When I am choked with the autumn chill of the world, I make a modest retreat at Koryu-ji Temple in Uzumasa. To me, a letter arrives from a senior lady-in-waiting who serves Princess Yushi (1038–1105). While I am answering it, the sound of a temple bell carries to me, and I write to her:


Though I fled here, I cannot yet forget

The tangled troubles of my worldly life;

Hearing the twilight bell, my heart is wet

With tears of loneliness and lingering strife.


One day, I visit the residence of Princess Yushi (1038–1105), which looks as bright and peaceful as ever. I spend the time talking quietly with two congenial friends. Once back at home, the next day brings tedious hours as usual.

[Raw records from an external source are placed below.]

-- ===== src/Block/Request/Payload.antt =====
-- The payload of a block request: which descriptors the loop of `parse_request` takes.
use libvirtio.Base.{
  ◌≡◌, ◌≢◌, inl, inr, refl, true, false, not, List, [], ◌∷◌, map, arith, All, ◌==◌,
}
use libvirtio.Error.{DeviceError}
use libvirtio.Outcome.{
  Outcome, ok, err, panic, hang, reject_if, Decides, reject_if-Decides, >>=-Decides, Decides-iff,
}
use libvirtio.Dma.{DmaRange, DmaPart, DmaMemory, translate, check_range}
use libvirtio.Dma.Translate.{Translates, translate-Translates}
use libvirtio.Dma.Segments.{IsDisjoint}
use libvirtio.Layout.Valid.{IsMappedRange, check_range-IsMappedRange, check_range_complete}
use libvirtio.Queue.{Descriptor}
use libvirtio.Transfer.{is_writable}
use libvirtio.Buffers.{range_of}
use libvirtio.Block.{BlockRequestType}
use libvirtio.Block.Request.{check_access, descriptor_range, payload_ranges}

-- A descriptor that suits the type of the request.
abbrev pub Suits : BlockRequestType → Descriptor → Type 0
Suits BlockRequestType.input d = is_writable d ≡ true
Suits BlockRequestType.output d = is_writable d ≡ false
Suits BlockRequestType.flush d = ⊥
Suits (BlockRequestType.unsupported code) d = Unit {0}

pub record IsPayload (memory : DmaMemory) (ty : BlockRequestType) (d : Descriptor) : Type 0 where
  pub suits : Suits ty d
  pub nonempty : d.length ≢ 0
  pub mapped : IsMappedRange memory (range_of d)

check_access-Decides :
    (ty : BlockRequestType) (d : Descriptor) → Decides (Suits ty d) tt (check_access ty d)
unfolding check_access
check_access-Decides BlockRequestType.input d =
    reject_if-Decides _ (not (is_writable d)) _ (λ e. ground arith) (λ e s. cc)
check_access-Decides BlockRequestType.output d =
    reject_if-Decides _ (is_writable d) _ (λ e. e) (λ e s. cc)
check_access-Decides BlockRequestType.flush d = inr (_, refl, λ s. s)
check_access-Decides (BlockRequestType.unsupported code) d = inl (tt, refl)

descriptor_range-Decides :
    (d : Descriptor) → Decides (d.length ≢ 0) (range_of d) (descriptor_range d)
unfolding descriptor_range
descriptor_range-Decides d =
    Decides-iff _ (λ p. p.0) (λ n. (n, tt))
      (>>=-Decides (reject_if (d.length == 0) (DeviceError.descriptor "zero-length descriptor"))
        (λ _. ok (range_of d))
        (reject_if-Decides (d.length ≢ 0) (d.length == 0) _ (λ e z. ground (arith, e, z))
          (λ e n. n (ground (arith, e))))
        (λ n. inl (tt, refl)))

module _ (memory : DmaMemory) (v : IsDisjoint memory.segments) where
  pub check_range-Decides :
      (r : DmaRange) → Decides (IsMappedRange memory r) tt (check_range memory r)
  unfolding check_range
  check_range-Decides r = go (translate memory r) refl (translate-Translates memory r v)
    where
      go :
          (o : Outcome (List DmaPart))
          → translate memory r ≡ o
          → Translates memory.segments r (translate memory r)
          → Decides (IsMappedRange memory r) tt (check_range memory r)
      go (ok ps) e t =
          let fine : check_range memory r ≡ ok tt = rw (e, check_range) in
          inl (check_range-IsMappedRange memory v r fine, fine)
      go (err x) e t =
          let fails : check_range memory r ≡ err x = rw (e, check_range) in
          inr (x, fails, λ m. let fine = check_range_complete memory v r m in cc)
      go panic e t = absurd (rw e at t)
      go hang e t = absurd (rw e at t)

  -- The loop over the payload succeeds exactly if each descriptor suits the request, is not empty
  -- and is mapped, and then with their ranges.
  pub payload_ranges-Decides :
      (ty : BlockRequestType) (ds : List Descriptor)
      → Decides (All (IsPayload memory ty) ds) (map range_of ds) (payload_ranges memory ty ds)
  unfolding payload_ranges
  payload_ranges-Decides ty [] = inl (tt, refl)
  payload_ranges-Decides ty (d ∷ ds) =
      Decides-iff _
        (λ (s, (n, (m, (all, _)))). (record { suits = s; nonempty = n; mapped = m }, all))
        (λ (p, all). (p.suits, (p.nonempty, (p.mapped, (all, tt)))))
        (>>=-Decides (check_access ty d) _ (check_access-Decides ty d) λ _.
          >>=-Decides (descriptor_range d) _ (descriptor_range-Decides d) λ _.
            >>=-Decides (check_range memory (range_of d)) _ (check_range-Decides (range_of d)) λ _.
              >>=-Decides (payload_ranges memory ty ds) _ (payload_ranges-Decides ty ds)
                λ _. inl (tt, refl))
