-- ===== src/Block/Request/Frame.antt =====
-- The request that stands in a chain, as a driver lays it out, and what the chain determines of it.
use libvirtio.Base.{
  ℕ, suc, ◌-◌, ◌≡◌, ◌≢◌, refl, sym, ap, ◌∙◌, Bool, true, false, ◌&&◌, List, [], ◌∷◌, ◌++◌, map,
  some, All, length, length-append, get_elem?, arith, ◌==◌, take-append_left, cons_eq,
}
use libvirtio.Base.Bytes.{from_le_bytes}
use libvirtio.Outcome.{Outcome, ok, err, panic, hang}
use libvirtio.Dma.{DmaMemory}
use libvirtio.Layout.Valid.{IsMappedRange}
use libvirtio.Lease.{Host}
use libvirtio.Queue.{Descriptor, DescriptorChain, slice}
use libvirtio.Queue.Access.{Holds}
use libvirtio.Transfer.{is_writable}
use libvirtio.Buffers.{range_of}
use libvirtio.Block.{BlockRequest}
use libvirtio.Block.Request.{request_type_of, moves_data, inner}
use libvirtio.Block.Request.Payload.{IsPayload}

-- The request that stands in a chain, on a host.
pub record IsParsed (memory : DmaMemory) (chain : DescriptorChain) (h : Host) (r : BlockRequest)
    : Type 0 where
  pub live : h.revoked ≡ false
  pub header : Descriptor
  pub payload : List Descriptor
  pub status : Descriptor
  pub shape : chain.descriptors ≡ header ∷ (payload ++ (status ∷ []))
  pub header_readable : is_writable header ≡ false
  pub header_length : header.length ≡ 16
  pub status_writable : is_writable status ≡ true
  pub status_length : status.length ≡ 1
  pub bytes : List ℕ
  pub bytes_length : length bytes ≡ 16
  pub holds : Holds memory h header.address bytes
  pub request_type : r.request_type ≡ request_type_of (from_le_bytes (slice bytes 0 4))
  pub sector : r.sector ≡ from_le_bytes (slice bytes 8 16)
  pub ranges : r.payload ≡ map range_of payload
  pub status_range : r.status ≡ range_of status
  pub all : All (IsPayload memory r.request_type) payload
  pub some_payload : moves_data r.request_type ≡ true → payload ≢ []
  pub status_mapped : IsMappedRange memory (range_of status)

-- What `parse_request` is to do.
abbrev pub ParsesBlock : DmaMemory → DescriptorChain → Host → Outcome BlockRequest × Host → Type 0
ParsesBlock memory chain h (ok r, g) = (g ≡ h) × IsParsed memory chain h r
ParsesBlock memory chain h (err e, g) =
    (g ≡ h) × ((r : BlockRequest) → IsParsed memory chain h r → ⊥)
ParsesBlock memory chain h (panic, g) = ⊥
ParsesBlock memory chain h (hang, g) = ⊥

pub get_elem?-last :
    (mid : List Descriptor) (s : Descriptor) → get_elem? (mid ++ (s ∷ [])) (length mid) ≡ some s
get_elem?-last [] s = refl
get_elem?-last (x ∷ mid) s = get_elem?-last mid s

module _ (a s : Descriptor) (mid : List Descriptor) where
  abbrev pub framed : List Descriptor
  framed = a ∷ (mid ++ (s ∷ []))

  pub length-framed : length framed ≡ suc (suc (length mid))
  length-framed = omega (arith, length-append mid (s ∷ []))

  pub last_lem : get_elem? framed (length framed - 1) ≡ some s
  last_lem = ap (get_elem? framed) place ∙ get_elem?-last mid s
    where
      place : length framed - 1 ≡ suc (length mid)
      place = omega (arith, length-framed)

  pub inner_lem : inner framed ≡ mid
  inner_lem = take-append_left mid (s ∷ []) (length framed - 1 - 1) (omega (arith, length-framed))

pub snoc_cases :
    (b : Descriptor) (ds : List Descriptor)
    → (mid : List Descriptor) × (s : Descriptor) × (b ∷ ds ≡ mid ++ (s ∷ []))
snoc_cases b [] = ([], b, refl)
snoc_cases b (c ∷ ds) = let (mid, s, e) = snoc_cases c ds in (b ∷ mid, s, ap (◌∷◌ b) e)

-- Both ends and what is between them are determined by the chain.
pub framed_eq :
    (a s a' s' : Descriptor) (mid mid' : List Descriptor)
    → framed a s mid ≡ framed a' s' mid'
    → (a ≡ a') × (s ≡ s') × (mid ≡ mid')
framed_eq a s a' s' mid mid' e =
    let last : some s ≡ some s' =
      sym (last_lem a s mid) ∙ ap (λ ds. get_elem? ds (length ds - 1)) e ∙ last_lem a' s' mid' in
    ((cons_eq e).0, cc last, sym (inner_lem a s mid) ∙ ap inner e ∙ inner_lem a' s' mid')

pub given :
    (b : Bool) (ds : List Descriptor)
    → (b && length (map range_of ds) == 0) ≡ false
    → b ≡ true
    → ds ≢ []
given true [] e m n = cc
given true (d ∷ ds) e m n = cc
given false ds e m n = cc

pub missing :
    (b : Bool) (ds : List Descriptor)
    → (b && length (map range_of ds) == 0) ≡ true
    → (b ≡ true → ds ≢ [])
    → ⊥
missing true [] e f = f refl refl
missing true (d ∷ ds) e f = ground (arith, e)
missing false ds e f = cc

Thinking longingly of them, I send this tanka poem:


We dwelt within the River of Tears’ deep flow,

And drenched our sleeves in sorrow long ago;

Yet now, when all those bittersweet days have passed,

Do you not yearn for memories made to last?


One of them writes back:


Although you say we shared that weeping stream,

My dry and tearless sleeves are but a dream;

For still I drift within these currents cold,

While you look back on hardships of old.


And the other writes back:


Who still would dive into this sea of grief,

To harvest from the deep some green relief,

If not to brave the waves for daily bread—

While on the quiet shore you walk instead?


My dearest friend, who has shared my innermost thoughts, with whom I have exchanged messages, and with whom I spoke of every painful, moving, and joyful matter in this world, goes down west to Chikuzen Province.


One night, when the moon is exceptionally bright, I recall that we once spent such a night at the Princess’s residence, staying awake to gaze at the moon. Yearning for that night, I lie down to sleep. I meet her in the residence just as we used to do. I awake startled. It is a dream. The moon is then near the western ridge of the mountains. I recall the poem that Ono Komachi (c. 825 – c. 900) once composed:


Was it because I fell asleep thinking of him

That my beloved appeared in my dream?

Had I only known it was a fleeting dream,

I would never have opened my eyes.


I too think, "I wish I had not awakened," and compose this poem in deep sorrow:


Waking alone to face my lonely bed,

A bitter sorrow overwhelms my mind;

To the fading moon that drifts away overhead,

I trust the yearning words I leave behind.